唇を必死に尖らせ、タイヤーにキスしようと顔を寄せるモブカに、避けたくても動けないタイヤーの姿。


 フローラが呆れた目をしながら近づくと、タイヤーの体の位置を少しだけモブカから遠ざけた。



「ふ、フローラさん?」

「タイヤーくん、大丈夫、大丈夫。また近づいたら遠ざけるから」



 そう言うとフローラは再び料理の準備へと戻って行ってしまった。



「おーーい」



 タイヤーの声が虚しく夜空に響くのであった。



◇◇◇



「許しておくんなまし」



 翌朝、モブカは、今度はエルの手によりリュックへ頭から逆さまに梱包されていた。

リュックから見えているのは修道女のようなスカートは大いにはだけ、純白の下着と伸びる脚が二本だけ。


 さすがに、これは目立って仕方がないと、街に入る前に元へと戻したのだが、リュックから頭を出したモブカの顔は恍惚の表情を浮かべていた。

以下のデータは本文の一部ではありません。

-- ===== src/Irc/Filters/Pong/Replies.antt =====
-- Where `AutoPong` sends the messages that it receives.
use irc_idler.Prelude.{
  List, [], ◌∷◌, ◌++◌, map, some, ◌≡◌, refl, ap, ◌∙◌, append-nil, append_assoc, length, ◌≤◌, arith,
  inl, inr, sym, ◌⊎◌,
}
use irc_idler.Prelude.Machine.{run-cons}
use irc_idler.Irc.Message.{Message}
use irc_idler.Irc.Codes.{cmd_ping, cmd_pong}
use irc_idler.Prelude.{◌≢◌, bytes_eq, bytes_eq_iff, Bool-cases}
use irc_idler.Irc.Filters.Pong.{
  forward, reply, Dest, Exchange, cancelled, arrive, in_closed, taken, Ponger, listening, offering,
  returned, panicked, answered, pong_step, auto_pong,
}

unfoldable pub arrivals : List Exchange → List Message
arrivals [] = []
arrivals (cancelled ∷ xs) = arrivals xs
arrivals (arrive m ∷ xs) = m ∷ arrivals xs
arrivals (in_closed ∷ xs) = arrivals xs
arrivals (taken ∷ xs) = arrivals xs

-- What a state has received and not sent.
unfoldable pub pending : Ponger → List (Dest × Message)
pending listening = []
pending (offering d m) = (d, m) ∷ []
pending returned = []
pending panicked = []

few_pending : (s : Ponger) → length (pending s) ≤ 1
unfolding pending
few_pending listening = omega arith
few_pending (offering d m) = omega arith
few_pending returned = omega arith
few_pending panicked = omega arith

-- What is due from a state on: what it holds, and what arrives.
abbrev due : Ponger → List Exchange → List (Dest × Message)
due s xs = pending s ++ map answered (arrivals xs)

abbrev SendsDue : Ponger → List Exchange → List (Dest × Message) → Type 0
SendsDue s xs sent = (lost : List (Dest × Message)) × (length lost ≤ 1) × (sent ++ lost ≡ due s xs)

-- The answers to messages, in order: a PONG to reply for each PING, with what else it said, and
-- each other message to forward as it is.
pub data Answers : List Message → List (Dest × Message) → Type 0 where
  none_left : Answers [] []
  pinged :
      (m : Message) {ms : List Message} {out : List (Dest × Message)}
      → m.command ≡ cmd_ping
      → Answers ms out
      → Answers (m ∷ ms) ((reply, record m { command = cmd_pong }) ∷ out)
  spoken :
      (m : Message) {ms : List Message} {out : List (Dest × Message)}
      → m.command ≢ cmd_ping
      → Answers ms out
      → Answers (m ∷ ms) ((forward, m) ∷ out)

answered-Answers : (ms : List Message) → Answers ms (map answered ms)
unfolding answered
answered-Answers [] = none_left
answered-Answers (m ∷ ms) = elim (Bool-cases (bytes_eq m.command cmd_ping)) [
  | inl ping ↦
      let e : m.command ≡ cmd_ping = (bytes_eq_iff m.command cmd_ping).0 ping in
      rw ping (pinged m e (answered-Answers ms))
  | inr other ↦
      rw other
        (spoken m (λ e. cc (other, (bytes_eq_iff m.command cmd_ping).1 e)) (answered-Answers ms))
]

-- What the state holds and then the answers to what arrives were sent in order, but for one message
-- at most at the end.
abbrev pub Sends : Ponger → List Exchange → List (Dest × Message) → Type 0
Sends s xs sent =
    (lost : List (Dest × Message)) × (answers : List (Dest × Message)) × (length lost ≤ 1)
    × Answers (arrivals xs) answers
    × (sent ++ lost ≡ pending s ++ answers)

run_stopped :
    (s : Ponger) (xs : List Exchange) {s' : Ponger} {sent : List (Dest × Message)}
    → (s ≡ returned) ⊎ (s ≡ panicked)
    → auto_pong s xs ≡ some (s', sent)
    → (xs ≡ []) × (sent ≡ [])
unfolding auto_pong
run_stopped s [] h e = ground arith
run_stopped listening (x ∷ xs) h e = ground arith
run_stopped (offering d m) (x ∷ xs) h e = ground arith
run_stopped returned (x ∷ xs) h e = ground arith
run_stopped panicked (x ∷ xs) h e = ground arith

-- A step that goes on keeps what is due; another loses what is pending.
pong_step_lem :
    (s : Ponger) (x : Exchange) (xs : List Exchange) {s1 : Ponger} {sent : List (Dest × Message)}
    → pong_step s x ≡ some (s1, sent)
    → (sent ++ due s1 xs ≡ due s (x ∷ xs))
      ⊎ (((s1 ≡ returned) ⊎ (s1 ≡ panicked)) × (sent ≡ []) × (arrivals (x ∷ xs) ≡ arrivals xs))
unfolding pong_step pending arrivals
pong_step_lem listening cancelled xs e = ground arith
pong_step_lem listening (arrive m) xs e = ground arith
pong_step_lem listening in_closed xs e = ground arith
pong_step_lem listening taken xs e = ground arith
pong_step_lem (offering d m) cancelled xs e = ground arith
pong_step_lem (offering d m) (arrive m') xs e = ground arith
pong_step_lem (offering d m) in_closed xs e = ground arith
pong_step_lem (offering d m) taken xs e = ground arith
pong_step_lem returned x xs e = ground arith
pong_step_lem panicked x xs e = ground arith

-- AutoPong sends what is due, but for one message at most.
sends_due :
    (s : Ponger) (xs : List Exchange) {s' : Ponger} {sent : List (Dest × Message)}
    → auto_pong s xs ≡ some (s', sent)
    → SendsDue s xs sent
unfolding auto_pong
sends_due s [] e = (pending s, few_pending s, unfold arrivals in simp (append-nil) (ground arith))
sends_due s (x ∷ xs) {s'} {sent} e =
    let (s1, sent1, more, e1, e3, whole) = run-cons pong_step s x xs e in
    elim (pong_step_lem s x xs e1) [
      | inl keeps ↦
          let (lost, few, rest) = sends_due s1 xs e3 in
          (
            lost,
            few,
            ap (λ (l : List (Dest × Message)). l ++ lost) whole
                ∙ append_assoc sent1 more lost
                ∙ ap (λ (l : List (Dest × Message)). sent1 ++ l) rest
                ∙ keeps,
          )
      | inr (stopped, none_sent, same) ↦
          let (no_more, nothing) = run_stopped s1 xs stopped e3 in
          let none_at_all : sent ≡ [] = whole ∙ rw (none_sent, nothing) refl in
          let no_arrivals : [] ≡ arrivals (x ∷ xs) = unfold arrivals in cc (same, no_more) in
          (
            pending s,
            few_pending s,
            ap (λ (l : List (Dest × Message)). l ++ pending s) none_at_all
                ∙ sym (append-nil (pending s))
                ∙ ap (λ (l : List Message). pending s ++ map answered l) no_arrivals,
          )
    ]

-- AutoPong sends on all that it received in order, but for one message at most at the end: each
-- PING to reply as a PONG, and each other message to forward.
pub auto_pong_lem :
    (s : Ponger) (xs : List Exchange) {s' : Ponger} {sent : List (Dest × Message)}
    → auto_pong s xs ≡ some (s', sent)
    → Sends s xs sent
auto_pong_lem s xs e =
    let (lost, few, whole) = sends_due s xs e in
    (lost, map answered (arrivals xs), few, answered-Answers (arrivals xs), whole)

「知ってるのじゃ、こういうのを変態って言うんじゃろ!」



 ミュオの指摘を受けたモブカは、何故か頬を染めるのであった。


 アーマイルの街の入り口は、門戸が開かれており、壁などはない。見渡しもよく高い建物などは、見渡せば数えられる程度であった。

一軒家が点在している幾つもの村が、広大な土地に一ヶ所に集まったような街で、その牧歌的な雰囲気が却って宗教都市の装いにタイヤー達は感じた。



「早速で悪いけど、ひゃっはー教の拠点を教えてくれないか?」



 モブカは首を背け態度だけでも拒否を示す。しらみ潰しに探しても良いが、一軒、一軒離れているので、広大故に一苦労なのは目に見えた。

 そこで、エルはモブカに取り引きを持ちかける。



「教えてくれたら、タイヤーがキスしてくれるかもよ?」

「西です。このまま真っ直ぐ行った所に、一際高い建物が見えます。その隣です」

「おおおお? おーい、エルさんや。勝手に僕を売らないで」



 あっさり教えるモブカに、タイヤーが止める間もなく取り引きが成立する。


 エルに詰め寄ると



「何処とは言ってないもの。ほっぺくらいいいじゃない」

「それって……口ではない、そうとも言ってないよね」



 ぶつくさ文句を言いながら言われた方角へ進むと確かに高い建物が見つかる。それは、とても古いが味わいよく、荘厳な教会で、昔からあるアーマイル教のモノだと疑いの余地はなかった。


 街に外壁がないので、全体が把握出来ていないが、この建物を中心に街が造られているのではと感じた。


 その隣には、慎ましくチョコンと建つ教会が。入り口上には、木製の“ひゃっはー教”と書かれた看板があった。